Here the gross literalist might counter that the Church’s belief in an inherited tendency toward sins of all kinds could account for much, and could protest that Christians have always known that hatred of the sin does not justify hatred of the sinner, confessing that they have indulged in hypocrisy about their own sins and failed to practice what they preach with regard to the sins of others. But it would not, perhaps, be wise to look to Bishop Spong for absolution. One cannot imagine that he would accept original and inherited sin, themselves hoary dogmas of a dead past, as explanations for anything, much less any confession that would attribute a measure of understanding, discrimination, liberality, or love to the dark, twisted mentality of fundamentalism—the mentality of Jerry Falwell, Jimmy Swaggart, Ezekiel, St. Paul and John Paul II.

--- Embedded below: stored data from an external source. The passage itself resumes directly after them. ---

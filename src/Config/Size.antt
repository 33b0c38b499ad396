-- ===== src/Config/Size.antt =====
-- internal/config/size.go: `ParseSize`. The floating-point numbers of the percentage branch are an
-- interface: the text that strconv.ParseFloat accepts, the two comparisons, and the arithmetic.
pub mod Units
use xmorph.Base.{
  ℕ, Bool, true, false, Option, none, some, ◌-◌, ◌*◌, ◌/◌, ◌^◌, ◌%◌, ◌||◌, ltb, ◌==◌, if◌then◌else◌,
  [], ◌∷◌,
}
use xmorph.Base.Bytes.{
  Bytes, trim_space, is_empty, cut_suffix_byte, trim_suffix_byte, to_upper, unsnoc,
}
use xmorph.Base.Bytes.Number.{max_uint64, parse_uint}
use xmorph.Base.Result.{Result, ok, err, ◌>>=◌, ◌>>◌, refuse_if}

pub data SizeError : Type 0 where
  empty_size bad_percentage percentage_out_of_range bad_size overflow : SizeError

pub record Floats : Type 1 where
  pub Float : Type 0
  -- strconv.ParseFloat(s, 64)
  pub parse : Bytes → Option Float
  -- v <= 0
  pub not_positive : Float → Bool
  -- v > 100
  pub above_hundred : Float → Bool
  -- uint64(float64(total) * v / 100)
  pub share : ℕ → Float → ℕ

-- The number that the last byte multiplies by, and what is left of the text.
unfoldable pub unit_of : ℕ → ℕ
unit_of c =
    if c == b'K'
    then 2 ^ 10
    else if c == b'M'
    then 2 ^ 20
    else if c == b'G'
    then 2 ^ 30
    else if c == b'T'
    then 2 ^ 40
    else 1

unfoldable pub split_unit : Bytes → ℕ × Bytes
unfolding unit_of
split_unit u = elim (unsnoc u) [
  | none ↦ (1, u)
  | some (before, last) ↦ if ltb 1 (unit_of last) then (unit_of last, before) else (1, u)
]

module _ (floats : Floats) where
  open floats use {Float, parse, not_positive, above_hundred, share}

  unfoldable pub parse_percentage : Bytes → ℕ → Result SizeError ℕ
  parse_percentage pct total = elim (parse (trim_space pct)) [
    | none ↦ err bad_percentage
    | some v ↦
        if not_positive v || above_hundred v
        then err percentage_out_of_range
        else ok (share total v)
  ]

-- n * mult, refused where it passes 2^64 - 1.
unfoldable pub scale_size : ℕ → ℕ → Result SizeError ℕ
scale_size n mult = if ltb (max_uint64 / mult) n then err overflow else ok ((n * mult) % 2 ^ 64)

unfoldable pub parse_scaled : ℕ × Bytes → Result SizeError ℕ
unfolding scale_size
parse_scaled (mult, u) = elim (parse_uint max_uint64 (trim_space u)) [
  | none ↦ err bad_size
  | some n ↦ scale_size n mult
]

unfoldable pub parse_bytes : Bytes → Result SizeError ℕ
parse_bytes s =
    parse_scaled (split_unit (trim_suffix_byte b'I' (trim_suffix_byte b'B' (to_upper s))))

module _ (floats : Floats) where
  unfoldable pub parse_trimmed : Bytes → ℕ → Result SizeError ℕ
  parse_trimmed s total = if is_empty s then err empty_size else elim (cut_suffix_byte b'%' s) [
    | some pct ↦ parse_percentage floats pct total
    | none ↦ parse_bytes s
  ]

  unfoldable pub parse_size : Bytes → ℕ → Result SizeError ℕ
  parse_size s total = parse_trimmed (trim_space s) total
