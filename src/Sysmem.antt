-- ===== src/Sysmem.antt =====
-- internal/sysmem/meminfo.go: reading /proc/meminfo, and the room that the pivot leaves free.
pub mod Headroom
pub mod Meminfo
use xmorph.Base.{
  ℕ, Bool, true, false, Option, none, some, List, [], ◌∷◌, ◌-◌, ◌*◌, ◌/◌, ◌%◌, ◌^◌, ltb, leb, ◌==◌,
  if◌then◌else◌,
}
use xmorph.Base.Bytes.{Bytes, codes, cut, equal, trim_space}
use xmorph.Base.Bytes.Lines.{scan_lines, fields}
use xmorph.Base.Bytes.Number.{max_uint64, parse_uint}
use xmorph.Base.Result.{Result, ok, err}

pub record MemInfo : Type 0 where
  pub total : ℕ
  pub free : ℕ
  pub available : ℕ

-- The `switch` on the key.
unfoldable pub set_key : Bytes → ℕ → MemInfo → MemInfo
set_key key bytes m =
    if equal key (codes "MemTotal")
    then record m { total = bytes }
    else if equal key (codes "MemFree")
    then record m { free = bytes }
    else if equal key (codes "MemAvailable")
    then record m { available = bytes }
    else m

-- A value in kB, multiplied in uint64.
unfoldable pub set_field : Bytes → List Bytes → MemInfo → MemInfo
set_field key [] m = m
set_field key (f ∷ fs) m = elim (parse_uint max_uint64 f) [
  | none ↦ m
  | some n ↦ set_key key ((n * 1024) % 2 ^ 64) m
]

-- One line of the file; a line that is not understood changes nothing.
unfoldable pub read_line : Bytes → MemInfo → MemInfo
read_line line m = elim (cut b':' line) [
  | none ↦ m
  | some (key, rest) ↦ set_field key (fields (trim_space rest)) m
]

unfoldable pub read_lines : List Bytes → MemInfo → MemInfo
read_lines [] m = m
read_lines (line ∷ lines) m = read_lines lines (read_line line m)

pub data ReadError : Type 0 where
  cannot_open no_mem_total : ReadError

-- MemAvailable is missing on very old kernels.
unfoldable pub fall_back : MemInfo → Result ReadError MemInfo
fall_back m =
    if m.total == 0
    then err no_mem_total
    else ok (record m { available = if m.available == 0 then m.free else m.available })

-- The content of the file, if it could be opened.
unfoldable pub read_from : Option Bytes → Result ReadError MemInfo
unfolding fall_back
read_from none = err cannot_open
read_from (some text) =
    fall_back (read_lines (scan_lines text) (record { total = 0; free = 0; available = 0 }))

unfoldable pub reserve_bytes : MemInfo → ℕ
reserve_bytes m = m.total / 10

unfoldable pub recommend_rootfs_bytes : MemInfo → ℕ
unfolding reserve_bytes
recommend_rootfs_bytes m =
    if leb m.available (reserve_bytes m) then 0 else m.available - reserve_bytes m

pub data HeadroomError : Type 0 where
  insufficient_ram : HeadroomError

-- The room that stays free beside a rootfs of that size.
unfoldable pub headroom : MemInfo → ℕ → ℕ
headroom m size = if ltb size m.available then m.available - size else 0

-- `warn`, or the error.
unfoldable pub headroom_check : MemInfo → ℕ → Result HeadroomError Bool
unfolding headroom
headroom_check m size =
    if ltb (headroom m size) (m.total / 10)
    then err insufficient_ram
    else ok (ltb (headroom m size) (m.total / 4))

Bishop Spong’s remedy for all this is precisely described by Friedrich Schleiermacher, the preeminent church father of religious liberalism, in his 1799 Speeches on Religion: Christianity as a historical-credal faith must be existentialized so that those who cannot accept its history or creed (that is, die Gebildeten—the intelligentsia) can find a home in the shell of religious sensibility that remains after the operation. Dr. Spong performs the procedure by “rescuing” the Bible and the Christian faith for those who can no longer believe the old myths and the prejudices that accompany them. For him the Bible is grist for new mills as much as it was for the old, and better the new mills—well, because they are the creatures of that infinitely flexible and elusive thing he calls “emerging contemporary knowledge.” His project is based upon the belief that while the Bible and the creeds are “valued documents in the faith journey of the people of God,” they are full of what sensible modern folk would call falsehoods. (And here Bishop Spong is not talking about the odd question of historical fact, either, but about most of what has been universally regarded as of the essence of the faith.) The way this is put is, “neither the Bible nor the creeds are to be taken literally or treated as if somehow objective truth has been captured in human words” [p. 233]. But not to worry, for Bishop Spong has managed to retrieve much genuinely heart-warming flotsam from the wreck of old-fashioned Christianity.

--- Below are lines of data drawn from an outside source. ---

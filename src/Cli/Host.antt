-- ===== src/Cli/Host.antt =====
-- The machine that the pivot runs on: for each call out of internal/cli/pivot.go, what it answers.
-- A `Bool` is true where the call returns no error.
use xmorph.Base.{ℕ, Bool, Option, List}
use xmorph.Base.Bytes.{Bytes}
use xmorph.Config.Types.{Layer}
use xmorph.Config.Size.{Floats}
use xmorph.Oci.ImageConfig.{ImageConfig}
use xmorph.Postpivot.InitConfig.{InitConfig}
use xmorph.Sysmem.{MemInfo}

pub record Host : Type 1 where
  pub floats : Floats
  pub is_root : Bool
  pub stdin_is_terminal : Bool
  -- LogHandler != nil
  pub has_log_handler : Bool
  pub is_systemd : Bool
  pub over_ssh : Bool
  pub in_container : Bool
  pub relocates : Bool
  pub makes_dir : Bool
  pub meminfo : Option MemInfo
  pub free_bytes : Option ℕ
  pub is_mount_point : Option Bool
  pub cleans : Bool
  pub mounts_tmpfs : Bool
  -- rootfs.Build: the merged image configuration, if any layer has one
  pub builds : List Layer → Option (Option ImageConfig)
  pub contains : Bool
  pub passphrase : Option Bytes
  pub writes_config : InitConfig → Bool
  pub copies_binary : Bool
  pub writes_resolv_conf : Bool
  pub authenticates : Bool
  pub has_watchdog : Bool
  pub log_dir_writable : Bytes → Bool
  pub arms_watchdog : Bool
  pub prepares : Bool
  pub makes_old_root : Bool
  pub pivots : Bool
  pub execs : Bool
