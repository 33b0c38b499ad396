-- ===== src/Cli/Login.antt =====
-- A pivot that asks for SSH stages a configuration that someone can log in with.
use xmorph.Base.{
  Bool, false, Option, none, some, [], ◌&&◌, ◌||◌, not, if◌then◌else◌, arith, ◌≡◌, ◌≢◌, List,
}
use xmorph.Base.Bytes.{Bytes, is_empty}
use xmorph.Config.Types.{Config, ssh_enabled}
use xmorph.Cli.Entrypoint.{ensure_ssh_usable, build_postpivot_config}
use xmorph.Postpivot.InitConfig.{SshConfig}

-- The section of the staged configuration lets somebody in.
abbrev pub has_credentials : Option SshConfig → Bool
has_credentials none = false
has_credentials (some s) = not (is_empty s.password) || not (is_empty s.authorized_keys)

-- The password of the staged configuration, if xmorph invented it.
abbrev pub invented_password : Option SshConfig → Bytes
invented_password none = []
invented_password (some s) = if s.password_generated then s.password else []

-- If the passphrase that may be generated is not empty, and the operator's configuration does not
-- call its password a generated one, then a staged configuration has an SSH section exactly if SSH
-- is enabled, and that section has a password or keys. What is announced is the password that was
-- invented, and nothing if the operator gave a password or keys.
pub ensure_ssh_usable-has_credentials :
    (pw : Bytes) (c : Config) (usable : Config × Bytes) (entrypoint : Bytes) (args : List Bytes)
    → pw ≢ []
    → c.ssh_password_generated ≡ false
    → ensure_ssh_usable (some pw) c ≡ some usable
    → (has_credentials (build_postpivot_config usable.0 entrypoint args).ssh ≡ ssh_enabled c)
      × (invented_password (build_postpivot_config usable.0 entrypoint args).ssh ≡ usable.1)
      × (not (is_empty usable.1)
          ≡ (ssh_enabled c && (is_empty c.ssh_password && is_empty c.ssh_authorized_keys)))
unfolding ensure_ssh_usable build_postpivot_config ssh_enabled
ensure_ssh_usable-has_credentials pw c usable entrypoint args n g e = ground arith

Given his skepticism on the commensurability of humanness and the truth, Spong’s view of the Incarnation is unsurprising. The Gospels’ birth narratives involve the evangelists’ intention to relate Jesus to Hebrew history, ergo they may be taken as total fabrication.

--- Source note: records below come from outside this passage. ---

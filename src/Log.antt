-- ===== src/Log.antt =====
-- internal/log/log.go: the slog handler that writes to stderr, to a buffer and to further sinks, which
-- its clones share. A sequence of operations on the handlers is a list of steps, each of which is
-- taken to be atomic. An attribute's value is the text that fmt makes of it. Write errors are passed
-- over, as in the code.
pub mod Journal
use xmorph.Base.{
  ℕ, zero, suc, Bool, true, false, Option, none, some, List, [], ◌∷◌, ◌++◌, map, not, if◌then◌else◌,
  get_elem?, set_elem,
}
use xmorph.Base.Bytes.{Bytes, codes, is_empty}
use xmorph.Base.Int.{ℤ, lt_pos, leb_int}

-- slog.Record: a level, a message and attributes.
pub record Record : Type 0 where
  pub at_level : ℤ
  pub message : Bytes
  pub attrs : List (Bytes × Bytes)

-- The fields of `Handler` that a clone has for itself.
pub record Handler : Type 0 where
  pub level : ℤ
  pub colors : Bool
  pub scope : Bytes

-- What the clones share: the text that each writer has had.
pub record Streams : Type 0 where
  pub stderr : Bytes
  pub buf : Bytes
  pub sinks : List Bytes

pub record Loggers : Type 0 where
  pub handlers : List Handler
  pub streams : Streams

abbrev pub new_handler : ℤ → Bool → Loggers
new_handler lvl on = record {
  handlers = record { level = lvl; colors = on; scope = [] } ∷ [];
  streams = record { stderr = []; buf = []; sinks = [] };
}

-- A nil writer is ignored.
abbrev pub add_sink : Bool → Streams → Streams
add_sink false s = s
add_sink true s = record s { sinks = s.sinks ++ [] ∷ [] }

abbrev pub enabled : Handler → ℤ → Bool
enabled h lvl = leb_int h.level lvl

abbrev pub set_level : ℤ → Handler → Handler
set_level lvl h = record h { level = lvl }

abbrev pub set_colors : Bool → Handler → Handler
set_colors on h = record h { colors = on }

unfoldable pub level_tag : ℤ → Bytes
level_tag lvl =
    if not (lt_pos lvl 8)
    then codes "ERROR"
    else if not (lt_pos lvl 4)
    then codes "WARN"
    else if not (lt_pos lvl 0)
    then codes "INFO"
    else codes "DEBUG"

unfoldable pub level_color : ℤ → Bytes
level_color lvl =
    if not (lt_pos lvl 8)
    then 27 ∷ codes "[31m"
    else if not (lt_pos lvl 4)
    then 27 ∷ codes "[33m"
    else if not (lt_pos lvl 0)
    then 27 ∷ codes "[32m"
    else 27 ∷ codes "[36m"

abbrev pub reset : Bytes
reset = 27 ∷ codes "[0m"

abbrev pub write_attrs : List (Bytes × Bytes) → Bytes
write_attrs [] = []
write_attrs ((key, value) ∷ attrs) = codes " " ++ key ++ codes "=" ++ value ++ write_attrs attrs

abbrev pub bracketed : Bytes → Bytes
bracketed s = codes "[" ++ s ++ codes "] "

abbrev pub scope_part : Bytes → Bytes
scope_part scope = if is_empty scope then [] else bracketed scope

-- `plainLine`
unfoldable pub plain_line : Handler → Record → Bytes
unfolding level_tag
plain_line h r =
    bracketed (level_tag r.at_level)
    ++ scope_part h.scope
    ++ r.message
    ++ write_attrs r.attrs
    ++ codes "\n"

-- The line that `Handle` writes to stderr.
unfoldable pub stderr_line : Handler → Record → Bytes
unfolding level_tag level_color
stderr_line h r =
    (if h.colors
      then level_color r.at_level
        ++ codes "["
        ++ level_tag r.at_level
        ++ codes "]"
        ++ reset
        ++ codes " "
      else bracketed (level_tag r.at_level))
    ++ scope_part h.scope
    ++ r.message
    ++ write_attrs r.attrs
    ++ codes "\n"

unfoldable pub handle : Handler → Record → Streams → Streams
unfolding plain_line stderr_line
handle h r s =
    let line = plain_line h r in
    record {
      stderr = s.stderr ++ stderr_line h r;
      buf = s.buf ++ line;
      sinks = map (λ w. w ++ line) s.sinks;
    }

-- `WithAttrs` is a clone, whatever the attributes are.
abbrev pub with_attrs : List (Bytes × Bytes) → Handler → Handler
with_attrs attrs h = h

abbrev pub with_group : Bytes → Handler → Handler
with_group name h = record h {
  scope = if is_empty h.scope then name else h.scope ++ codes "." ++ name;
}

-- What the program does with the handler of a number; `log` is what a slog.Logger does with a record.
pub data LogStep : Type 0 where
  register_sink : Bool → LogStep
  change_level : ℤ → LogStep
  change_colors : Bool → LogStep
  derive_attrs : List (Bytes × Bytes) → LogStep
  derive_group : Bytes → LogStep
  log : Record → LogStep

-- What a step makes of the handlers, when the one that it is on is h, the i-th.
abbrev pub step_handlers : LogStep → ℕ → Handler → List Handler → List Handler
step_handlers (register_sink given) i h hs = hs
step_handlers (change_level lvl) i h hs = set_elem i (set_level lvl h) hs
step_handlers (change_colors on) i h hs = set_elem i (set_colors on h) hs
step_handlers (derive_attrs attrs) i h hs = hs ++ with_attrs attrs h ∷ []
step_handlers (derive_group name) i h hs = hs ++ with_group name h ∷ []
step_handlers (log r) i h hs = hs

abbrev pub step_streams : LogStep → Handler → Streams → Streams
step_streams (register_sink given) h s = add_sink given s
step_streams (change_level lvl) h s = s
step_streams (change_colors on) h s = s
step_streams (derive_attrs attrs) h s = s
step_streams (derive_group name) h s = s
step_streams (log r) h s = if enabled h r.at_level then handle h r s else s

unfoldable pub take_step : ℕ × LogStep → Loggers → Loggers
unfolding handle
take_step (i, s) w = elim (get_elem? i w.handlers) [
  | none ↦ w
  | some h ↦ record {
    handlers = step_handlers s i h w.handlers;
    streams = step_streams s h w.streams;
  }
]

unfoldable pub take_steps : List (ℕ × LogStep) → Loggers → Loggers
unfolding take_step
take_steps [] w = w
take_steps (s ∷ ss) w = take_steps ss (take_step s w)

-- The file at `path` before and after: no file is written for an empty buffer, and none without its
-- directory.
abbrev pub flush_buffer_to : Bool → Bool → Streams → Option Bytes → Option Bytes
flush_buffer_to makes_dir writes s before =
    if is_empty s.buf
    then before
    else if not makes_dir
    then before
    else if writes
    then some s.buf
    else before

Am I suggesting that these stories of the virgin birth are not literally true? The answer is a simple and direct ‘Yes.’ Of course these narratives are not literally true. Stars do not wander, angels do not sing, virgins do not give birth, magi do not travel to a distant land to present gifts to a baby, and shepherds do not go in search of a newborn savior. I know of no reputable biblical scholar in the world today who takes these birth narratives literally [p. 215].
No mush-mouthed liberal, this! Bishop Spong can insert the heresy very nicely without the lubrication of the Sunset, Butterfly and Shaggy Dog stories so favored by the modernists of a gentler age. While he thinks the birth narratives charming stores that contain profound truth, this truth can be apprehended only when “the beast of literalism” is purged, that is, they can only become meaningful when taken as metaphors for certain aspects of the common experience of humanity, rather than as segments of the actual Event upon which all human experience is predicated. The antique Christianity Bishop Spong dislikes so intensely would hold that he has got it exactly backwards: the experience of the modern human being (of every age) derives its meaning from the positive, necessary—literal, if you will—truth of the story, and not vice versa.
At this point perhaps a parenthesis on the biblical scholarship to which Bishop Spong so frequently refers would be in order. The bishop is, in a sense, justified in his claim that there is no “reputable” biblical scholar in the world today who takes the birth narratives literally. But one must understand what this does and does not mean. It does not mean that there are no experts in biblical and theological studies who believe in the virginal conception of Christ, for there are many. It does mean that in the Western religious academy, as it is presently constituted, this is a minority opinion, a matter of personal belief irrelevant (at best) to the scientific study of the Bible, and an embarrassing relic of pre-Enlightenment religion that hampers the objectivity of those who persist in holding to the worldview from which it came. The prevailing naturalism of the seminaries and religious studies departments remains indifferent, or, if provoked, hostile to anything in heaven and earth that cannot be dreamt within the bounds of its philosophy, that is, outside the precincts of “emerging contemporary knowledge.” The nearly universal demand for “political correctness” in the modernist religious academies has given the coup de gráce to serious consideration of historic Christianity as an option for decent, intelligent people. Christianity as Christians have understood it throughout its history is patriarchal, Eurocentric, imperialistic, and oppressive—not simply (as the liberals told us) outdated, but an active expression of the deepest evil.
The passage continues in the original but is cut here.